This is important so that the versions of software used in production are well controlled and consistent. The package manager can then be associated with some kind of deploy tool that keeps track of what versions are associated with which infrastructure.
Timing varies by organization. Some strive for true “continuous deployment”, in which the new code flows seamlessly from developer commit through build, test, package, and deploy. Others put gates in between the developer and check-in to mainline, or source-to-build, or package-to-deploy so that some human governance remains in the toolchain. This document goes into more detail on these topics in the section on digital operations.
The Concept of “Release”
Release management, and the concept of a “release”, are among the most important and widely seen concepts in all forms of digital management. Regardless of working in a cutting-edge Agile startup with two people or one of the largest banks with a portfolio of thousands of applications, releases for coordination and communication are likely being used.
What is a “release?”. Betz defined it this way in other work: “A significant evolution in an IT service, often based on new systems development, coordinated with affected services and stakeholders”. Release management’s role is to “Coordinate the assembly of IT functionality into a coherent whole and deliver this package into a state in which the customer is getting the intended value” [31 p. 68, 31 p. 119].
Evidence of Notability
DevOps has not yet been fully recognized for its importance in academic guidance or peer-reviewed literature.

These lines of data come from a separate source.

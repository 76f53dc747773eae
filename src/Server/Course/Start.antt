-- ===== src/Server/Course/Start.antt =====
-- The course of a start, server/server.go and server/history.go.
use net_cat.Base.{
  Bytes, bytes_eq, ℕ, Bool, true, false, codes, List, [], ◌∷◌, Option, none, some, inl, inr,
  Bool-cases, Option-cases, ◌≡◌, refl, arith, subst,
}
use net_cat.Base.Assoc.{lookup}
use net_cat.Models.{Time, Message, is_server_event}
use net_cat.Models.Parse.{Result, ok, err, parse_log_line}
use net_cat.Client.{Client}
use net_cat.Logger.{Disk}
use net_cat.Server.{Server, Now, new_room, new_server}
use net_cat.Server.Admins.{load_admins}
use net_cat.Server.History.{
  recover_message, recover_line, recover_lines, recover_file, recover_history, room_or_default,
}
use net_cat.Server.Listener.{log_start, start, boot}
use net_cat.Server.Course.{view, queue_at, In, IsThere, After, same, unseen, ◌⨾◌, either}
use net_cat.Server.Course.Keep.{log_to-After}
use net_cat.Server.Course.Rooms.{add_room_history-After}
use net_cat.Server.Course.Sessions.{IsNumbered}

log_start-After : (now : Now) (s : Server) → After [] (log_start now s) s
unfolding log_start
log_start-After now s = log_to-After _ s

load_admins-After : (s : Server) → After [] (load_admins s) s
unfolding load_admins
load_admins-After s = elim (Bool-cases (bytes_eq s.admins_file [])) [
  | inl a ↦ rw (a, load_admins) same
  | inr a ↦ elim (Option-cases s.admins_disk) [
    | inl e ↦ rw (a, e, load_admins) (unseen refl)
    | inr (names, e) ↦ rw (a, e, load_admins) (unseen refl)
  ]
]

module _ (read_time : Bytes → Option Time) where
  recover_message-After :
      (r : Result Message) (s : Server) → After [] (recover_message read_time r s) s
  unfolding recover_message
  recover_message-After (err e) s = same
  recover_message-After (ok m) s =
      either (is_server_event m.type) same (add_room_history-After (room_or_default m.room s) _ s)

  recover_line-After : (line : Bytes) (s : Server) → After [] (recover_line read_time line s) s
  unfolding recover_line
  recover_line-After [] s = same
  recover_line-After (b ∷ line) s = recover_message-After (parse_log_line read_time (b ∷ line)) s

  recover_lines-After :
      (lines : List Bytes) (s : Server) → After [] (recover_lines read_time lines s) s
  unfolding recover_lines
  recover_lines-After [] s = same
  recover_lines-After (line ∷ lines) s = recover_lines-After lines _ ⨾ recover_line-After line s

  recover_file-After : (o : Option Bytes) (s : Server) → After [] (recover_file read_time o s) s
  unfolding recover_file
  recover_file-After none s = same
  recover_file-After (some text) s = recover_lines-After _ s

  recover_history-After : (now : Now) (s : Server) → After [] (recover_history read_time now s) s
  unfolding recover_history
  recover_history-After now s = either _ same (recover_file-After _ s)

  pub start-After :
      (bound : Bool) (now : Now) (s t : Server)
      → start read_time bound now s ≡ some t
      → After [] t s
  unfolding start
  start-After true now s t e =
      let made : recover_history read_time now (load_admins (log_start now s)) ≡ t = cc in
      subst (λ (x : Server). After [] x s) made
        (recover_history-After now _ ⨾ load_admins-After _ ⨾ log_start-After now s)
  start-After false now s t e = cc

boot-queue :
    (port : Bytes) (made : Bool) (now : Now) (heap : ℕ → Client) (disk : Disk)
    (names : Option (List Bytes)) (room : Bytes)
    → queue_at room (view (boot port made now heap disk names)) ≡ []
unfolding boot new_server new_room lookup
boot-queue port made now heap disk names room = ground arith

-- Nobody queues at the start, and the default room is there.
pub boot-IsNumbered :
    (port : Bytes) (made : Bool) (now : Now) (heap : ℕ → Client) (disk : Disk)
    (names : Option (List Bytes))
    → IsNumbered (view (boot port made now heap disk names))
boot-IsNumbered port made now heap disk names room e h =
    absurd (subst (In e) (boot-queue port made now heap disk names room) h)

pub boot-default :
    (port : Bytes) (made : Bool) (now : Now) (heap : ℕ → Client) (disk : Disk)
    (names : Option (List Bytes))
    → (let s = boot port made now heap disk names in IsThere (lookup s.default_room s.rooms))
unfolding boot new_server lookup codes bytes_eq
boot-default port made now heap disk names = tt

Nevertheless, its influence is broad and notable. Significant publications include [92, 13, 136, 165, 166, 99]. Large international conferences (notably the DevOps Enterprise Summit, https://itrevolution.com/devops_events/) are dedicated to the event, as well as many smaller local events under the banner of "DevOpsDays" (https://www.devopsdays.org/).
Limitations
Like Agile, DevOps is primarily valuable in the development of new digital functionality. It has less relevance for organizations that choose to purchase digital functionality; e.g., as SaaS offerings. While it includes the fragment "Ops", it does not cover the full range of operational topics covered in the Operations Competency Area, such as help desk and field services.
Related Topics
APIs, Microservices, and Cloud-Native
This document has now covered modern infrastructure, including container-based infrastructure available via Cloud providers, and application development from waterfall, through Agile, and on to DevOps. The industry term for the culmination of all of these trends is "cloud-native". The Cloud Native Computing Foundation (CNCF) defines "cloud-native" as follows:
While this document does not cover specific programming languages or techniques, there are leading practices for building modern applications that are notable and should be understood by all Digital Practitioners. In software construction a programming language and execution environment must be chosen, but this choice is only the start. Innumerable design choices are required in structuring software, and the quality of these choices will affect the software’s ultimate success and value.

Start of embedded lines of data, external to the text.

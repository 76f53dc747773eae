-- ===== src/Server/World/Queued.antt =====
-- What holds in every world that can be reached: nobody's place in a queue is lost.
use net_cat.Base.{
  Bytes, ℕ, ◌==◌, ==_iff, true, false, ◌≡◌, sym, subst, ◌⊎◌, inl, inr, [], none, some, Bool-cases,
  arith,
}
use net_cat.Base.Assoc.{lookup}
use net_cat.Base.Heap.{update}
use net_cat.Logger.{content_of}
use net_cat.Logger.Growth.{Extends}
use net_cat.Server.{Server}
use net_cat.Server.Session.{Phase}
use net_cat.Server.Course.{is_expelled, view, IsThere, After, same, ◌⨾◌}
use net_cat.Server.Course.Sessions.{IsNumbered, Holds, Fares, After-IsNumbered, After-Holds}
use net_cat.Server.Course.Steps.{on_line-Fares, on_read_error-Fares, on_signal-Fares, on_join-Fares}
use net_cat.Server.Course.Events.{
  accept_connection-Fares, heartbeat_round-After, begin_shutdown-After, finish_shutdown-After,
  watch_round-After,
}
use net_cat.Server.Course.OperatorLines.{operator_dispatch-After}
use net_cat.Server.Course.Start.{start-After, boot-IsNumbered, boot-default}
use net_cat.Server.Listener.{boot}
use net_cat.Server.World.{
  World, moved, Step, accepts, reads, fails, is_signalled, joins, beats, operates, wakes,
  begins_shutdown, finishes_shutdown, Reach, here, later, IsStarted,
}

-- Every connection holds the place that its phase says.
pub record IsSound (w : World) : Type 0 where
  pub numbered : IsNumbered (view w.server)
  pub holding : (c : ℕ) (p : Phase) → w.phase_of c ≡ some p → Holds p c (view w.server)

-- What a step leads to: a sound world, whose server is a later one.
abbrev Goes : World → World → Type 0
Goes w x = IsSound x × After [] x.server w.server

served-Goes :
    (w : World) (t : Server) → After [] t w.server → IsSound w → Goes w (record w { server = t })
served-Goes w t after sound = (
  record {
    numbered = After-IsNumbered t w.server after sound.numbered;
    holding = λ c p e. After-Holds t w.server after p c (sound.holding c p e);
  },
  after,
)

moved-Goes :
    (w : World) (c : ℕ) (r : Phase × Server) → Fares c w.server r → IsSound w → Goes w (moved w c r)
moved-Goes w c (p, t) (after, holds) sound = (
  record {
    numbered = After-IsNumbered t w.server after sound.numbered;
    holding = λ d q e. own_or_other d q e (Bool-cases (c == d));
  },
  after,
)
  where
    own_or_other :
        (d : ℕ) (q : Phase)
        → update w.phase_of c (some p) d ≡ some q
        → ((c == d) ≡ true) ⊎ ((c == d) ≡ false)
        → Holds q d (view t)
    own_or_other d q e (inl h) =
        let same_client : c ≡ d = (==_iff c d).0 h in
        let same_phase : p ≡ q = ground arith in
        subst (λ (x : ℕ). Holds q x (view t)) same_client
          (subst (λ (x : Phase). Holds x c (view t)) same_phase holds)
    own_or_other d q e (inr h) = After-Holds t w.server after q d (sound.holding d q (ground arith))

Step-Goes : {w x : World} → Step w x → IsSound w → Goes w x
Step-Goes {w} (accepts now c ip free fresh) sound =
    moved-Goes w c _ (accept_connection-Fares now c ip w.server fresh) sound
Step-Goes {w} (reads now c p line e) sound =
    moved-Goes w c _ (on_line-Fares now c p line w.server sound.numbered (sound.holding c p e))
      sound
Step-Goes {w} (fails now c p err e) sound =
    moved-Goes w c _ (on_read_error-Fares now c p err w.server (sound.holding c p e)) sound
Step-Goes {w} (is_signalled c signal p e) sound =
    moved-Goes w c _ (on_signal-Fares c signal p w.server (sound.holding c p e)) sound
Step-Goes {w} (joins now c p e) sound =
    moved-Goes w c _ (on_join-Fares now c p w.server (sound.holding c p e)) sound
Step-Goes {w} (beats interval timeout c event) sound =
    served-Goes w _ (heartbeat_round-After interval timeout c event w.server) sound
Step-Goes {w} (operates now input) sound =
    served-Goes w _ (operator_dispatch-After now input w.server) sound
Step-Goes {w} (wakes wake) sound = served-Goes w _ (watch_round-After wake w.server) sound
Step-Goes {w} begins_shutdown sound = served-Goes w _ (begin_shutdown-After w.server) sound
Step-Goes {w} (finishes_shutdown now) sound =
    served-Goes w _ (finish_shutdown-After now w.server) sound

Reach-Goes : {v w : World} → IsSound v → Reach v w → Goes v w
Reach-Goes sound here = (sound, same)
Reach-Goes sound (later r st) =
    let (sound', after) = Reach-Goes sound r in
    let (sound'', after') = Step-Goes st sound' in (sound'', after' ⨾ after)

IsStarted-After :
    (w : World) (started : IsStarted w)
    → After [] w.server
        (boot started.port started.made started.now started.heap started.disk started.names)
IsStarted-After w started = start-After started.read_time true started.now _ w.server started.starts

IsStarted-IsSound : (w : World) → IsStarted w → IsSound w
IsStarted-IsSound w started = record {
  numbered = After-IsNumbered w.server _ (IsStarted-After w started) (
      boot-IsNumbered started.port started.made started.now started.heap started.disk
        started.names);
  holding = λ c p e. absurd (some_phase c p (started.nobody c) e);
}
  where
    some_phase : (c : ℕ) (p : Phase) → w.phase_of c ≡ none → w.phase_of c ≡ some p → ⊥
    some_phase c p h k = cc

-- In whatever order the connections, the operator, the heartbeats, midnight and a shutdown take
-- their steps, nobody's place in a queue is lost: a client that has been offered a place in a
-- room's queue, or waits for it, still has its entry there, under a number that no other client's
-- entry has, unless the entry has been admitted or the client's connection is closed.
pub Reach-IsSound : (v w : World) → IsStarted v → Reach v w → IsSound w
Reach-IsSound v w started r = (Reach-Goes (IsStarted-IsSound v started) r).0

-- Between any two points of a run, in whatever order the steps are taken, every file on the disk of
-- the logs keeps what it holds, and can only get longer at its end.
pub Reach-Extends :
    (u v w : World) (path : Bytes)
    → IsStarted u
    → Reach u v
    → Reach v w
    → Extends (content_of path v.server.disk.files) (content_of path w.server.disk.files)
Reach-Extends u v w path started before after =
    let sound = Reach-IsSound u v started before in (Reach-Goes sound after).1.course.logs path

-- In whatever order the steps of a run are taken, the default room is always there, and between
-- any two points of the run a connection that is closed stays closed, a client that was kicked or
-- banned keeps that as its end, no address changes, and a server that shuts down does not cease to.
pub Reach-keeps :
    (u v w : World)
    → IsStarted u
    → Reach u v
    → Reach v w
    → IsThere (lookup w.server.default_room w.server.rooms)
      × ((c : ℕ) → (v.server.heap c).done ≡ true → (w.server.heap c).done ≡ true)
      × ((c : ℕ)
          → is_expelled (v.server.heap c).disconnect_reason ≡ true
          → is_expelled (w.server.heap c).disconnect_reason ≡ true)
      × ((c : ℕ) → (w.server.heap c).ip ≡ (v.server.heap c).ip)
      × (v.server.quit ≡ true → w.server.quit ≡ true)
Reach-keeps u v w started before after =
    let sound = Reach-IsSound u v started before in
    let course = (Reach-Goes sound after).1.course in
    let run =
      ((Reach-Goes sound after).1
        ⨾ (Reach-Goes (IsStarted-IsSound u started) before).1
        ⨾ IsStarted-After u started).course in
    (
      subst (λ (n : Bytes). IsThere (lookup n w.server.rooms)) (sym run.same_default)
          (run.has_default (
            boot-default started.port started.made started.now started.heap started.disk
              started.names)),
      course.closed,
      course.expelled,
      course.address,
      course.quits,
    )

Early computer programs tended to be "monolithic"; that is, they were often built as one massive set of logic and their internal structure might be very complex and hard to understand. (In fact, considerable research has been performed on the limitations of human comprehension when faced with software systems of high complexity.) Monolithic programs also did not lend themselves to re-use, and therefore the same logic might need to be written over and over again. The use of "functions" and re-usable "libraries" became commonplace, so that developers were not continuously rewriting the same thing.
Two of the most critical concepts in software design are coupling and cohesion. In one of the earliest discussions of coupling, Ed Yourdon states:
"Coupling [is] the probability that in coding, debugging, or modifying one module, a programmer will have to take into account something about another module. If two modules are highly coupled, then there is a high probability that a programmer trying to modify one of them will have to make a change to the other. Clearly, total systems cost will be strongly influenced by the degree of coupling between modules." [312]
This is not merely a technical concern; as Yourdon implies, highly-coupled designs will result in higher system costs.
Cohesion is the opposite idea: that a given module should do one thing and do it well. Software engineers have been taught to develop highly-cohesive, loosely-coupled systems since at least the early 1970s, and these ideas continue to underlie the most modern trends in digital systems delivery. The latest evolution is the concept of cloud-native systems, which achieve these ideals through APIs, microservices, and container-based infrastructure.
Application Programming Interfaces
Three smaller software modules may be able to do the job of one monolithic program; however, those three modules must then communicate in some form. There are a variety of ways that this can occur; for example, communication may be via a shared data store. The preferred approach, however, is that communication occur over APIs.
An API is the public entry point in and out of a softwre component. It can be understood as a sort of contract; it represents an expectation that if you send a message or signal in a precisely specified format to the API, you will receive a specific, expected response. For example, your online banking service can be seen as having an API. You send it your name, password, and an indication that you want your account balance, and it will return your account balance. In pseudocode, the API might look like:
GetAccountBalance(user_name, password, account_number) returns amount
The modern digital world runs on APIs; they are pervasive throughout digital interactions. They operate at different levels of the digital stack; your bank balance request might be transmitted by HTTP, which is a lower-level set of APIs for all web traffic. At scale, APIs present a challenge of management: how do you cope with thousands of APIs? Mechanisms must be created for standardizing, inventorying, reporting on status, and many other concerns.
Microservices
APIs can be accessed in various ways. For example, a developer might incorporate a "library" in a program she is writing. The library (for example, one that supports trigonometric functions) has a set of APIs, that are only available if the library is compiled into the developer’s program and is only accessible if the program itself is running. Also, in this case, the API is dependent on the programming language; in general, a C++ library will not work in Java.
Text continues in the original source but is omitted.